[Goal of the exercise]
Report every line of the records beneath this task that holds the string "count".

Extracted records:
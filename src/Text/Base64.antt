-- ===== src/Text/Base64.antt =====
-- base64.RawURLEncoding: EncodeToString and DecodeString. The decoder passes over line breaks, and
-- does not look at the bits of the last character that are left over.
use simplex_go.Base.{
  ℕ, zero, suc, ◌+◌, ◌-◌, ◌*◌, ◌/◌, ◌%◌, ◌<◌, ◌≡◌, refl, ap, ap₂, ◌∙◌, subst, inl, inr, Bool, true,
  false, ◌&&◌, ◌||◌, Option, none, some, List, [], ◌∷◌, ◌++◌, map, arith, ltb, leb, ◌==◌,
  if◌then◌else◌, ==_iff, Bool-cases, Option-cases, All, Bytes, IsByte,
}
use simplex_go.Text.Plain.{is_unreserved, IsPlain}
use simplex_go.Text.Strings.{◌>>?◌, >>?-eq-some, some-injective}

-- The alphabet, and the value of a character of it.
unfoldable pub sextet_char : ℕ → ℕ
sextet_char v =
    if ltb v 26
    then b'A' + v
    else if ltb v 52
    then b'a' + (v - 26)
    else if ltb v 62
    then b'0' + (v - 52)
    else if v == 62
    then b'-'
    else b'_'

unfoldable pub sextet : ℕ → Option ℕ
sextet c =
    if leb b'A' c && leb c b'Z'
    then some (c - b'A')
    else if leb b'a' c && leb c b'z'
    then some (c - b'a' + 26)
    else if leb b'0' c && leb c b'9'
    then some (c - b'0' + 52)
    else if c == b'-'
    then some 62
    else if c == b'_'
    then some 63
    else none

unfoldable pub encode : Bytes → Bytes
encode [] = []
encode (a ∷ []) = sextet_char (a / 4) ∷ sextet_char (a % 4 * 16) ∷ []
encode (a ∷ b ∷ []) =
    sextet_char (a / 4) ∷ sextet_char (a % 4 * 16 + b / 16) ∷ sextet_char (b % 16 * 4) ∷ []
encode (a ∷ b ∷ c ∷ bs) =
    sextet_char (a / 4)
    ∷ sextet_char (a % 4 * 16 + b / 16)
    ∷ sextet_char (b % 16 * 4 + c / 64)
    ∷ sextet_char (c % 64)
    ∷ encode bs

-- The values of the characters that are no line breaks.
unfoldable pub sextets : Bytes → Option (List ℕ)
sextets [] = some []
sextets (c ∷ cs) =
    let rest = sextets cs in
    if c == 10 || c == 13 then rest else sextet c >>? λ v. rest >>? λ vs. some (v ∷ vs)

-- Four characters are three bytes; one character alone at the end is an error.
unfoldable pub unpack : List ℕ → Option Bytes
unpack [] = some []
unpack (p ∷ []) = none
unpack (p ∷ q ∷ []) = some ((p * 4 + q / 16) ∷ [])
unpack (p ∷ q ∷ r ∷ []) = some ((p * 4 + q / 16) ∷ (q % 16 * 16 + r / 4) ∷ [])
unpack (p ∷ q ∷ r ∷ s ∷ vs) =
    unpack vs >>? λ bs. some ((p * 4 + q / 16) ∷ (q % 16 * 16 + r / 4) ∷ (r % 4 * 64 + s) ∷ bs)

unfoldable pub decode : Bytes → Option Bytes
decode s = sextets s >>? unpack

-- Whether a test holds of the first numbers, as many as are asked for.
passes : (ℕ → Bool) → ℕ → Bool
passes test zero = true
passes test (suc count) = passes test count && test count

passes-each : (test : ℕ → Bool) (count v : ℕ) → v < count → passes test count ≡ true → test v ≡ true
unfolding passes
passes-each test zero v below checked = absurd (omega arith)
passes-each test (suc count) v below checked = ground (arith, passes-each test count v)

-- What holds of a character of the alphabet, checked for each.
is_char_of : ℕ → Bool
is_char_of v =
    is_unreserved (sextet_char v)
    && (elim (sextet (sextet_char v)) [ none ↦ false | some w ↦ w == v ])

alphabet : passes is_char_of 64 ≡ true
unfolding passes is_char_of sextet_char sextet
alphabet = refl

char_of :
    (v : ℕ) → v < 64 → (is_unreserved (sextet_char v) ≡ true) × (sextet (sextet_char v) ≡ some v)
unfolding is_char_of
char_of v h = split (passes-each is_char_of 64 v h alphabet)
  where
    split :
        is_char_of v ≡ true
        → (is_unreserved (sextet_char v) ≡ true) × (sextet (sextet_char v) ≡ some v)
    split e = elim (Bool-cases (is_unreserved (sextet_char v))) [
      | inr special ↦ cc (rw special at e)
      | inl plain ↦ (
        plain,
        elim (Option-cases (sextet (sextet_char v))) [
          | inl missing ↦ cc (rw (plain, missing) at e)
          | inr (w, found) ↦ found ∙ ap some ((==_iff w v).0 (rw (plain, found) at e))
        ],
      )
    ]

-- A character of the alphabet is no line break, and stands for its value.
sextets-char :
    (v : ℕ) (cs : Bytes)
    → v < 64
    → sextets (sextet_char v ∷ cs) ≡ (sextets cs >>? λ vs. some (v ∷ vs))
unfolding sextets
sextets-char v cs h =
    let (plain, value) = char_of v h in
    let no_lf : (sextet_char v == 10) ≡ false = not_break 10 plain refl in
    let no_cr : (sextet_char v == 13) ≡ false = not_break 13 plain refl in rw (no_lf, no_cr, value)
  where
    not_break :
        (b : ℕ)
        → is_unreserved (sextet_char v) ≡ true
        → is_unreserved b ≡ false
        → (sextet_char v == b) ≡ false
    not_break b plain h = elim (Bool-cases (sextet_char v == b)) [
      | inr differs ↦ differs
      | inl same ↦ cc (plain, h, ap is_unreserved ((==_iff (sextet_char v) b).0 same))
    ]

sextets-chars :
    (vs : List ℕ) (cs : Bytes) (ws : List ℕ)
    → All (λ v. v < 64) vs
    → sextets cs ≡ some ws
    → sextets (map sextet_char vs ++ cs) ≡ some (vs ++ ws)
sextets-chars [] cs ws h e = e
sextets-chars (v ∷ vs) cs ws h e =
    rw (sextets-char v (map sextet_char vs ++ cs) h.0, sextets-chars vs cs ws h.1 e)

decode-chars :
    (vs : List ℕ) (cs : Bytes) (ws : List ℕ)
    → All (λ v. v < 64) vs
    → sextets cs ≡ some ws
    → decode (map sextet_char vs ++ cs) ≡ unpack (vs ++ ws)
unfolding decode
decode-chars vs cs ws h e = rw (sextets-chars vs cs ws h e)

-- DecodeString gives back what EncodeToString was given.
pub decode-encode : (bs : Bytes) → All IsByte bs → decode (encode bs) ≡ some bs
unfolding encode sextets unpack decode
decode-encode [] h = refl
decode-encode (a ∷ []) h =
    let e : a / 4 * 4 + a % 4 * 16 / 16 ≡ a = omega arith in
    decode-chars (a / 4 ∷ (a % 4 * 16) ∷ []) [] [] (omega arith) refl
    ∙ ap (λ (x : ℕ). some (x ∷ [])) e
decode-encode (a ∷ b ∷ []) h =
    let e : a / 4 * 4 + (a % 4 * 16 + b / 16) / 16 ≡ a = omega arith in
    let f : (a % 4 * 16 + b / 16) % 16 * 16 + b % 16 * 4 / 4 ≡ b = omega arith in
    decode-chars (a / 4 ∷ (a % 4 * 16 + b / 16) ∷ (b % 16 * 4) ∷ []) [] [] (omega arith) refl
    ∙ ap₂ (λ (x y : ℕ). some (x ∷ y ∷ [])) e f
decode-encode (a ∷ b ∷ c ∷ bs) h =
    let (ws, found, unpacked) =
      >>?-eq-some (sextets (encode bs)) unpack (decode-encode bs h.1.1.1) in
    let e : a / 4 * 4 + (a % 4 * 16 + b / 16) / 16 ≡ a = omega arith in
    let f : (a % 4 * 16 + b / 16) % 16 * 16 + (b % 16 * 4 + c / 64) / 4 ≡ b = omega arith in
    let g : (b % 16 * 4 + c / 64) % 4 * 64 + c % 64 ≡ c = omega arith in
    decode-chars (a / 4 ∷ (a % 4 * 16 + b / 16) ∷ (b % 16 * 4 + c / 64) ∷ (c % 64) ∷ []) (encode bs)
      ws (omega arith) found
    ∙ rw (unpacked, e, f, g)

-- Its characters need no escape in a query.
pub encode-IsPlain : (bs : Bytes) → All IsByte bs → All IsPlain (encode bs)
unfolding encode
encode-IsPlain [] h = tt
encode-IsPlain (a ∷ []) h =
    ((char_of (a / 4) (omega arith)).0, ((char_of (a % 4 * 16) (omega arith)).0, tt))
encode-IsPlain (a ∷ b ∷ []) h = (
  (char_of (a / 4) (omega arith)).0,
  ((char_of (a % 4 * 16 + b / 16) (omega arith)).0, ((char_of (b % 16 * 4) (omega arith)).0, tt)),
)
encode-IsPlain (a ∷ b ∷ c ∷ bs) h = (
  (char_of (a / 4) (omega arith)).0,
  (
    (char_of (a % 4 * 16 + b / 16) (omega arith)).0,
    (
      (char_of (b % 16 * 4 + c / 64) (omega arith)).0,
      ((char_of (c % 64) (omega arith)).0, encode-IsPlain bs h.1.1.1),
    ),
  ),
)

sextet-lt : (c v : ℕ) → sextet c ≡ some v → v < 64
unfolding sextet
sextet-lt c v h = ground arith

sextets-lt : (s : Bytes) (vs : List ℕ) → sextets s ≡ some vs → All (λ v. v < 64) vs
unfolding sextets
sextets-lt [] vs h = subst (All (λ v. v < 64)) (some-injective h) tt
sextets-lt (c ∷ cs) vs h = elim (Bool-cases (c == 10 || c == 13)) [
  | inl break ↦ sextets-lt cs vs (rw break at h)
  | inr char ↦
      let (v, value, rest) = >>?-eq-some (sextet c) _ (rw char at h) in
      let (ws, tail, e) = >>?-eq-some (sextets cs) _ rest in
      subst (All (λ v. v < 64)) (some-injective e) (sextet-lt c v value, sextets-lt cs ws tail)
]

unpack-IsByte :
    (vs : List ℕ) (bs : Bytes) → All (λ v. v < 64) vs → unpack vs ≡ some bs → All IsByte bs
unfolding unpack
unpack-IsByte [] bs lt h = subst (All IsByte) (some-injective h) tt
unpack-IsByte (p ∷ []) bs lt h = cc
unpack-IsByte (p ∷ q ∷ []) bs lt h = subst (All IsByte) (some-injective h) (omega arith)
unpack-IsByte (p ∷ q ∷ r ∷ []) bs lt h = subst (All IsByte) (some-injective h) (omega arith)
unpack-IsByte (p ∷ q ∷ r ∷ s ∷ vs) bs lt h =
    let (cs, rest, e) = >>?-eq-some (unpack vs) _ h in
    subst (All IsByte) (some-injective e)
      (omega arith, (omega arith, (omega arith, unpack-IsByte vs cs lt.1.1.1.1 rest)))

-- DecodeString returns bytes.
pub decode-IsByte : (s bs : Bytes) → decode s ≡ some bs → All IsByte bs
unfolding decode
decode-IsByte s bs h =
    let (vs, found, e) = >>?-eq-some (sextets s) unpack h in
    unpack-IsByte vs bs (sextets-lt s vs found) e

[Expected answer]
passes test (suc count) = passes test count && test count
passes-each : (test : ℕ → Bool) (count v : ℕ) → v < count → passes test count ≡ true → test v ≡ true
passes-each test (suc count) v below checked = ground (arith, passes-each test count v)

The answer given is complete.